A critical step in validating the performance of Boeing’s systems, OFT-2 brings the nation a significant step closer to having two unique human transportation systems to carry astronauts to and from the space station from U.S. soil.
We have had an excellent flight test of a complex system that we expected to learn from along the way and we have. With the completion of OFT-2, we will incorporate lessons learned and continue working to prepare for the crewed flight test and NASA certification.

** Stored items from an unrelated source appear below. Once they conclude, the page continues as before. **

-- ===== src/BaseWatcher/Tests.antt =====
-- The base watcher at concrete inputs: Base has one burn, in block 65, and its tip is 100.
use mathlib.Core.List.{Memᴰ}
use faircoin_bridge.Amounts.{apply_fee}
use faircoin_bridge.BaseWatcher.{
  SeenBurn, accept_burn, add_orphans, add_release_job, base_watcher, counted, counted_status,
  create_withdrawal, created, daily_sats, day_ms, fail_burn, initial_backfill_blocks, insert_unless,
  insert_withdrawal, is_confirmed, is_valid_destination, job_of, max_log_range, new_withdrawal,
  orphan_withdrawal_age_ms, orphaned, over_cap, process_log, process_logs, process_new,
  process_seen, reconcile_orphan_withdrawals, release_burn, released_sats, scan, scan_chain,
  scan_from, scan_window, seen_burn, set_cursor, total_sats, upsert_cursor, window_end,
}
use faircoin_bridge.BaseWatcher.CatchUp.{scan_chain_catches_up}
use faircoin_bridge.BaseWatcher.Cursor.{Covered, Past, base_watcher_covers}
use faircoin_bridge.BaseWatcher.Releases.{Queued, process_log_again, process_log_releases}
use faircoin_bridge.BaseWatcher.Scan.{IsRecorded}
use faircoin_bridge.Decimal.{all}
use faircoin_bridge.Effects.{
  Error, Fate, World, act, ask, catch, done, look, modify, pure, query, skip, throw, ◌>>=◌, ◌>>◌,
}
use faircoin_bridge.Effects.Throws.{IsCaused}
use faircoin_bridge.Models.Chain.{Log}
use faircoin_bridge.Models.Withdrawal.{Withdrawal, WithdrawalStatus}
use faircoin_bridge.Prelude.{
  [], arith, false, if◌then◌else◌, ltb, refl, some, ℕ, ◌-◌, ◌==◌, ◌∷◌, ◌≡◌, ◌≤◌,
}
use faircoin_bridge.Prelude.Collection.{find_all, find_one, next_id}
use faircoin_bridge.Samples.{burn, burn_env, config, empty_store, log}
use faircoin_bridge.Store.{Env, Store, alert, quiet}

abbrev seen : SeenBurn
seen = record { hash = 60; index = 2; block = 65; burn = burn }

-- The third call fails, and the process dies in the sixth.
abbrev faulty_env : Env
faulty_env = record burn_env {
  fate = λ n.
      if n == 2
      then Fate.refused Error.transient
      else (if n == 5 then Fate.dies_before else Fate.fine);
}

abbrev OnBase : Log → Type 0
OnBase l = l ≡ log

world : World Store
world = record { clock = 0; store = record empty_store { base_cursor = some 60 } }

module _ (fate : ℕ → Fate) where
  complete :
      (n from to : ℕ) (l : Log) (b : SeenBurn)
      → OnBase l
      → seen_burn l ≡ some b
      → from ≤ b.block
      → b.block ≤ to
      → Memᴰ l ((record burn_env { fate = fate }).burn_logs n from to)
  complete n from to l b on _ _ _ = Memᴰ.head on

world-Covered :
    (env : Env) (running : (n : ℕ) → env.aborted n ≡ false)
    (all : (n from to : ℕ) (l : Log) (b : SeenBurn)
      → OnBase l
      → seen_burn l ≡ some b
      → from ≤ b.block
      → b.block ≤ to
      → Memᴰ l (env.burn_logs n from to))
    → Covered config env OnBase 60 running all world.store
unfolding world
world-Covered env running all = (60, ((λ b (l, on, seen, after, upto). absurd (omega arith)), refl))

base_watcher_covers_example :
    Covered config faulty_env OnBase 60
      (λ _. refl)
      (complete faulty_env.fate)
      (base_watcher config faulty_env 2 world).1.store
base_watcher_covers_example =
    base_watcher_covers config faulty_env OnBase 60 (λ _. refl) (complete faulty_env.fate) 2 world
      (world-Covered faulty_env (λ _. refl) (complete faulty_env.fate))

scan_chain_catches_up_example :
    ((scan_chain config burn_env world).0 ≡ done tt)
    × ((n k : ℕ) × (burn_env.base_tip n - config.base_confirmations ≤ k)
        × ((scan_chain config burn_env world).1.store.base_cursor ≡ some k)
        × ((b : SeenBurn)
            → Past config burn_env OnBase 60 (λ _. refl) (complete burn_env.fate) k b
            → IsRecorded b (scan_chain config burn_env world).1.store))
scan_chain_catches_up_example =
    scan_chain_catches_up config burn_env (λ _. refl) (λ _. refl) OnBase 60 (complete burn_env.fate)
      world (world-Covered burn_env (λ _. refl) (complete burn_env.fate))

process_log_releases_example :
    Queued config burn_env [] (seen_burn log) (process_log config burn_env log world).1.store
unfolding world
process_log_releases_example = process_log_releases config burn_env log world

abbrev withdrawal : Withdrawal
withdrawal = new_withdrawal seen 6 400_000_000_000 40 WithdrawalStatus.confirmed

abbrev recorded_world : World Store
recorded_world = record {
  clock = 0;
  store = record empty_store { withdrawals = (3, withdrawal) ∷ [] };
}

process_log_again_example :
    ((process_log config faulty_env log recorded_world).1.store ≡ recorded_world.store)
    × IsCaused faulty_env.fate (process_log config faulty_env log recorded_world).0
unfolding seen_burn find_one
process_log_again_example = process_log_again config faulty_env log seen recorded_world refl refl

-- What one line of a test names to let the watcher run.
runs : Unit {0}
unfolding world scan_chain reconcile_orphan_withdrawals add_orphans orphaned is_confirmed
    upsert_cursor scan_from scan scan_window window_end process_logs process_log seen_burn
    process_seen process_new is_valid_destination accept_burn over_cap daily_sats total_sats counted
    counted_status day_ms fail_burn release_burn released_sats apply_fee create_withdrawal created
    insert_withdrawal insert_unless next_id add_release_job job_of set_cursor find_one find_all
    alert quiet query ask modify act look skip pure throw catch ◌>>=◌ ◌>>◌ base_watcher
    max_log_range initial_backfill_blocks orphan_withdrawal_age_ms
runs = tt

-- A burn of 40 sats gives one job, of 39 sats after the fee of 30 basis points.
burn_is_released :
    (scan_chain config burn_env world).1.store.release_jobs
    ≡ record {
      withdrawal_id = 0;
      destination_fair_address = 6;
      amount_sats = 39;
      base_burn_tx_hash = 60;
      log_index = 2;
    }
      ∷ []
unfolding runs
burn_is_released = refl

-- The signal is aborted while `getLogs` runs: no log of the window is processed, and the cursor
-- moves over the window nevertheless.
abbrev aborted_env : Env
aborted_env = record burn_env { aborted = λ n. ltb 3 n }

abort_loses_burn :
    ((scan_chain config aborted_env world).1.store.base_cursor ≡ some 70)
    × ((scan_chain config aborted_env world).1.store.withdrawals ≡ [])
unfolding runs
abort_loses_burn = (refl, refl)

Mark Nappi, vice president and program manager, Boeing Commercial Crew Program
Teamwork/Dreamwork
— Boeing Space (@BoeingSpace) May 26, 2022
Thank you to some of the best in the biz: the flight directors @Saturn_Flight, @Carbon_Flight, Redstone Flight and Lion Flight! We are grateful for the hard work and dedication you show daily and for the combined efforts it took to make #OFT2 a success. pic.twitter.com/fTHUXBmQU8
Starliner carried a “passenger” on this flight test – a lifelike test device named Rosie. During OFT-1, Rosie was outfitted with 15 sensors to collect data on what astronauts will experience during flights on Starliner. For OFT-2, spacecraft data capture ports previously connected to Rosie’s 15 sensors were used to collect data from sensors placed along the seat pallet, which is the infrastructure that holds all the crew seats in place. Among the cargo returned were three Nitrogen Oxygen Recharge System reusable tanks that provide breathable air to station crew members. The tanks will be refurbished on Earth and sent back to station on a future flight.
Boeing retrieved the spacecraft from the desert and will transport it back to the company’s Commercial Crew and Cargo Processing Facility at NASA’s Kennedy Space Center in Florida for processing. After NASA and Boeing review processes data from this test flight, teams will continue plans for Starliner and its next mission, the Crew Flight Test to the space station.